Embed and Conquer: Scalable Embeddings for Kernel k-Means on MapReduce
This work addresses scalability issues for kernel k-means in distributed computing environments, offering a solution for handling large datasets, though it appears incremental as it builds on existing kernel methods.
The paper tackles the computational complexity and parallelization challenges of kernel k-means by defining a family of low-dimensional embeddings and proposing scalable MapReduce algorithms, demonstrating effectiveness and efficiency through empirical evaluation on benchmark datasets.

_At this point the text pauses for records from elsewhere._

-- ===== src/Common/SpscQueue/Fifo.antt =====
-- hft/common/spsc_queue.h, one call at a time: the ring holds a sequence, first in, first out.
use Prim.Native.Nat.{◌∣◌}
use hft.Prelude.{
  ℕ, zero, suc, ◌+◌, ◌%◌, ◌<◌, ◌≤◌, ◌≡◌, ◌∙◌, sym, ap, refl, ◌⊎◌, inl, inr, true, false, List, [],
  ◌∷◌, ◌++◌, length, set, get_or, length-append, length-set, get_or-set_self, get_or-set_ne, ◌==◌,
  ==_iff, ==_self, Bool-cases, arith,
}
use hft.Common.SpscQueue.{SpscQueue, word, sub_word, next_word, enqueue, dequeue}
use hft.Common.SpscQueue.Index.{apart, next, same_element, other_element, together}

-- A power of two from 2 on, below 2^64.
pub record IsCapacity (capacity : ℕ) : Type 0 where
  pub at_least_two : 2 ≤ capacity
  pub divides : capacity ∣ word
  pub below : capacity < word

module _ {ℓ} {A : Type ℓ} where
  pub get_or-append_left :
      (xs ys : List A) (i : ℕ) (d : A) → i < length xs → get_or (xs ++ ys) i d ≡ get_or xs i d
  get_or-append_left [] ys i d h = absurd (omega arith)
  get_or-append_left (x ∷ xs) ys zero d h = refl
  get_or-append_left (x ∷ xs) ys (suc i) d h = get_or-append_left xs ys i d (omega arith)

  pub get_or-append_last : (xs : List A) (x d : A) → get_or (xs ++ x ∷ []) (length xs) d ≡ x
  get_or-append_last [] x d = refl
  get_or-append_last (y ∷ xs) x d = get_or-append_last xs x d

  -- The ring holds the sequence, from position `start` on.
  pub record Holds (capacity : ℕ) (q : SpscQueue A) (start : ℕ) (xs : List A) : Type ℓ where
    pub size : length q.buffer ≡ capacity
    pub front : q.tail ≡ start % word
    pub back : q.head ≡ (start + length xs) % word
    pub fits : length xs ≤ capacity
    pub held :
        (d : A) (i : ℕ) → i < length xs → get_or q.buffer ((start + i) % capacity) d ≡ get_or xs i d

element_below : (c n : ℕ) → 2 ≤ c → n % c < c
element_below c n h = grind arith

module _ {ℓ} {A : Type ℓ} (capacity : ℕ) (ok : IsCapacity capacity) where
  pub occupancy :
      (q : SpscQueue A) (start : ℕ) (xs : List A)
      → Holds capacity q start xs
      → sub_word q.head q.tail ≡ length xs
  occupancy q start xs h =
      let b = ok.below in
      let f = h.fits in rw (h.front, h.back) (apart start (length xs) (omega arith))

  -- Where the next element is written.
  pub head_element :
      (q : SpscQueue A) (start : ℕ) (xs : List A)
      → Holds capacity q start xs
      → q.head % capacity ≡ (start + length xs) % capacity
  head_element q start xs h = rw h.back (same_element capacity (start + length xs) ok.divides)

  pub tail_element :
      (q : SpscQueue A) (start : ℕ) (xs : List A)
      → Holds capacity q start xs
      → q.tail % capacity ≡ start % capacity
  tail_element q start xs h = rw h.front (same_element capacity start ok.divides)

  -- Writing the element at the head, where there is room, keeps the sequence, and the element is
  -- there.
  pub written :
      (q : SpscQueue A) (start : ℕ) (xs : List A) (x : A)
      → Holds capacity q start xs
      → length xs < capacity
      → let buffer = set q.buffer (q.head % capacity) x in
        Holds capacity (record q { buffer = buffer }) start xs
        × ((d : A) → get_or buffer ((start + length xs) % capacity) d ≡ x)
  written q start xs x h room =
      let e = head_element q start xs h in
      rw e (
        record {
          size = length-set q.buffer ((start + length xs) % capacity) x ∙ h.size;
          front = h.front;
          back = h.back;
          fits = h.fits;
          held = λ d i b.
              get_or-set_ne q.buffer ((start + length xs) % capacity) ((start + i) % capacity) x d
                (other_element capacity start i (length xs) b (omega arith))
              ∙ h.held d i b;
        },
        λ d.
            let s = h.size in
            let b = element_below capacity (start + length xs) ok.at_least_two in
            get_or-set_self q.buffer ((start + length xs) % capacity) x d (omega arith),
      )

  -- Moving the head over an element that has been written appends it.
  pub published :
      (q : SpscQueue A) (start : ℕ) (xs : List A) (x : A)
      → Holds capacity q start xs
      → length xs < capacity
      → ((d : A) → get_or q.buffer ((start + length xs) % capacity) d ≡ x)
      → Holds capacity (record q { head = next_word q.head }) start (xs ++ x ∷ [])
  published q start xs x h room there = record {
    size = h.size;
    front = h.front;
    back =
        ap next_word h.back
        ∙ next start (length xs)
        ∙ ap (λ n. (start + n) % word) (sym (omega (arith, length-append xs (x ∷ []))));
    fits = omega (arith, length-append xs (x ∷ []));
    held = λ d i b. elim (Bool-cases (i == length xs)) [
      | inl e ↦
          let same = (==_iff i (length xs)).0 e in
          rw same (there d ∙ sym (get_or-append_last xs x d))
      | inr e ↦
          let small : i < length xs = ground (arith, length-append xs (x ∷ []), b, e) in
          h.held d i small ∙ sym (get_or-append_left xs (x ∷ []) i d small)
    ];
  }

  -- Moving the tail takes the first element off.
  pub taken :
      (q : SpscQueue A) (start : ℕ) (x : A) (xs : List A)
      → Holds capacity q start (x ∷ xs)
      → Holds capacity (record q { tail = next_word q.tail }) (suc start) xs
  taken q start x xs h = record {
    size = h.size;
    front = ap next_word h.front ∙ (omega arith);
    back = h.back ∙ ap (λ n. n % word) (omega arith);
    fits = let f = h.fits in omega arith;
    held = λ d i b.
        ap (λ n. get_or q.buffer (n % capacity) d) (omega arith) ∙ h.held d (suc i) (omega arith);
  }

  -- Where a ring, of a capacity that is a power of two below 2^64, holds a sequence:
  -- an element is taken in exactly if there is room: it then comes last, and otherwise the ring is as
  -- it was.
  pub enqueue_fifo :
      (q : SpscQueue A) (start : ℕ) (xs : List A) (x : A)
      → Holds capacity q start xs
      → ((length xs ≡ capacity) × (enqueue capacity q x ≡ (q, false)))
        ⊎ ((length xs < capacity)
            × ((enqueue capacity q x).1 ≡ true)
            × Holds capacity (enqueue capacity q x).0 start (xs ++ x ∷ []))
  unfolding enqueue
  enqueue_fifo q start xs x h =
      let o = occupancy q start xs h in
      elim (Bool-cases (length xs == capacity)) [
        | inl e ↦ inl ((==_iff (length xs) capacity).0 e, rw (o, e) refl)
        | inr e ↦
            let f = h.fits in
            let room : length xs < capacity = ground (arith, e, f) in
            let (w, there) = written q start xs x h room in
            inr (room, rw (o, e) refl, rw (o, e) (published _ start xs x w room there))
      ]

  pub not_empty :
      (q : SpscQueue A) (start : ℕ) (y : A) (ys : List A)
      → Holds capacity q start (y ∷ ys)
      → (q.tail == q.head) ≡ false
  not_empty q start y ys h = elim (Bool-cases (q.tail == q.head)) [
    | inl e ↦
        let same = sym h.front ∙ (==_iff q.tail q.head).0 e ∙ h.back in
        let b = ok.below in
        let f = h.fits in
        absurd (omega (arith, together start (suc (length ys)) (omega arith) same))
    | inr e ↦ e
  ]

  -- Where a ring, of a capacity that is a power of two below 2^64, holds a sequence:
  -- the first element comes out, if there is one; else the ring and the caller's variable are as they
  -- were.
  pub dequeue_fifo :
      (q : SpscQueue A) (start : ℕ) (xs : List A) (d : A)
      → Holds capacity q start xs
      → ((xs ≡ []) × (dequeue capacity q d ≡ (q, d, false)))
        ⊎ ((y : A) × (ys : List A) × (xs ≡ y ∷ ys)
            × ((dequeue capacity q d).1 ≡ y)
            × ((dequeue capacity q d).2 ≡ true)
            × Holds capacity (dequeue capacity q d).0 (suc start) ys)
  unfolding dequeue
  dequeue_fifo q start [] d h =
      let same : q.tail ≡ q.head = h.front ∙ ap (λ n. n % word) (omega arith) ∙ sym h.back in
      inl (refl, rw (same, ==_self q.head) refl)
  dequeue_fifo q start (y ∷ ys) d h =
      let filled = not_empty q start y ys h in
      let e = tail_element q start (y ∷ ys) h in
      let first : get_or q.buffer (q.tail % capacity) d ≡ y =
        ap (λ n. get_or q.buffer n d) (e ∙ ap (λ n. n % capacity) (omega arith))
        ∙ h.held d 0 (omega arith) in
      inr (y, ys, refl, rw filled first, rw filled refl, rw filled (taken q start y ys h))
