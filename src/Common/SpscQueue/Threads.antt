-- ===== src/Common/SpscQueue/Threads.antt =====
-- hft/common/spsc_queue.h with its two threads. Each load or store of a position that the other
-- thread reads is a step of its own, and the steps of the two threads come in any order; the orders
-- acquire and release are taken to make each store seen with the writes before it.
use hft.Prelude.{
  ℕ, ◌+◌, ◌%◌, ◌<◌, ◌≤◌, ◌≡◌, List, [], ◌∷◌, ◌++◌, length, set, get_or, ◌==◌, if◌then◌else◌,
}
use hft.Common.SpscQueue.{SpscQueue, word, sub_word, next_word, empty_queue}
use hft.Common.SpscQueue.Fifo.{Holds}

-- Where the producer is in `enqueue`: outside, with the tail loaded, or with the element written.
pub data Producer (A : Type 0) : Type 0 where
  outside : Producer A
  loaded_tail : A → ℕ → Producer A
  wrote : A → Producer A

-- Where the consumer is in `dequeue`: outside, with the head loaded, or with the element read.
pub data Consumer (A : Type 0) : Type 0 where
  away : Consumer A
  loaded_head : ℕ → Consumer A
  took : A → Consumer A

-- `sent` and `received` are what the two threads have finished with `true`, oldest first.
pub record System (A : Type 0) : Type 0 where
  pub queue : SpscQueue A
  pub producer : Producer A
  pub consumer : Consumer A
  pub sent : List A
  pub received : List A

module _ {A : Type 0} (capacity : ℕ) where
  -- One step of the producer; `item` is what it sends if it begins a call.
  unfoldable pub produce : A → Producer A → System A → System A
  produce item outside s = record s { producer = loaded_tail item s.queue.tail }
  produce item (loaded_tail x t) s =
      if sub_word s.queue.head t == capacity then record s { producer = outside } else record s {
        queue = record s.queue { buffer = set s.queue.buffer (s.queue.head % capacity) x };
        producer = wrote x;
      }
  produce item (wrote x) s = record s {
    queue = record s.queue { head = next_word s.queue.head };
    producer = outside;
    sent = s.sent ++ x ∷ [];
  }

  -- One step of the consumer; `var` is what its variable holds.
  unfoldable pub consume : A → Consumer A → System A → System A
  consume var away s = record s { consumer = loaded_head s.queue.head }
  consume var (loaded_head h) s =
      if s.queue.tail == h
      then record s { consumer = away }
      else record s { consumer = took (get_or s.queue.buffer (s.queue.tail % capacity) var) }
  consume var (took y) s = record s {
    queue = record s.queue { tail = next_word s.queue.tail };
    consumer = away;
    received = s.received ++ y ∷ [];
  }

  abbrev pub start : A → System A
  start d = record {
    queue = empty_queue capacity d;
    producer = outside;
    consumer = away;
    sent = [];
    received = [];
  }

  pub data Step (s : System A) : System A → Type 0 where
    producing : (item : A) → Step s (produce item s.producer s)
    consuming : (var : A) → Step s (consume var s.consumer s)

  pub data Reach (d : A) : System A → Type 0 where
    begin : Reach d (start d)
    next : {s t : System A} → Reach d s → Step s t → Reach d t

  -- What the producer knows: its tail is not newer than the real one; the element that it wrote
  -- stands where there is room for it.
  abbrev pub ProducerKnows : SpscQueue A → ℕ → List A → Producer A → Type 0
  ProducerKnows q from xs outside = Unit
  ProducerKnows q from xs (loaded_tail x t) =
      (length xs ≤ sub_word q.head t) × (sub_word q.head t ≤ capacity)
  ProducerKnows q from xs (wrote x) =
      (length xs < capacity) × ((d : A) → get_or q.buffer ((from + length xs) % capacity) d ≡ x)

  -- What the consumer knows: its head is not newer than the real one; the element that it read is
  -- the first one.
  abbrev pub ConsumerKnows : ℕ → List A → Consumer A → Type 0
  ConsumerKnows from xs away = Unit
  ConsumerKnows from xs (loaded_head h) = (m : ℕ) × (m ≤ length xs) × (h ≡ (from + m) % word)
  ConsumerKnows from xs (took y) = (ys : List A) × (xs ≡ y ∷ ys)

  -- The ring holds exactly what was sent and not received yet.
  pub record InOrder (s : System A) : Type 0 where
    pub from : ℕ
    pub contents : List A
    pub holds : Holds capacity s.queue from contents
    pub order : s.sent ≡ s.received ++ contents
    pub producing : ProducerKnows s.queue from contents s.producer
    pub consuming : ConsumerKnows from contents s.consumer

The kernel $k$-means is an effective method for data clustering which extends the commonly-used $k$-means algorithm to work on a similarity matrix over complex data structures. The kernel $k$-means algorithm is however computationally very complex as it requires the complete data matrix to be calculated and stored. Further, the kernelized nature of the kernel $k$-means algorithm hinders the parallelization of its computations on modern infrastructures for distributed computing. In this paper, we are defining a family of kernel-based low-dimensional embeddings that allows for scaling kernel $k$-means on MapReduce via an efficient and unified parallelization strategy. Afterwards, we propose two methods for low-dimensional embedding that adhere to our definition of the embedding family. Exploiting the proposed parallelization strategy, we present two scalable MapReduce algorithms for kernel $k$-means. We demonstrate the effectiveness and efficiency of the proposed algorithms through an empirical evaluation on benchmark data sets.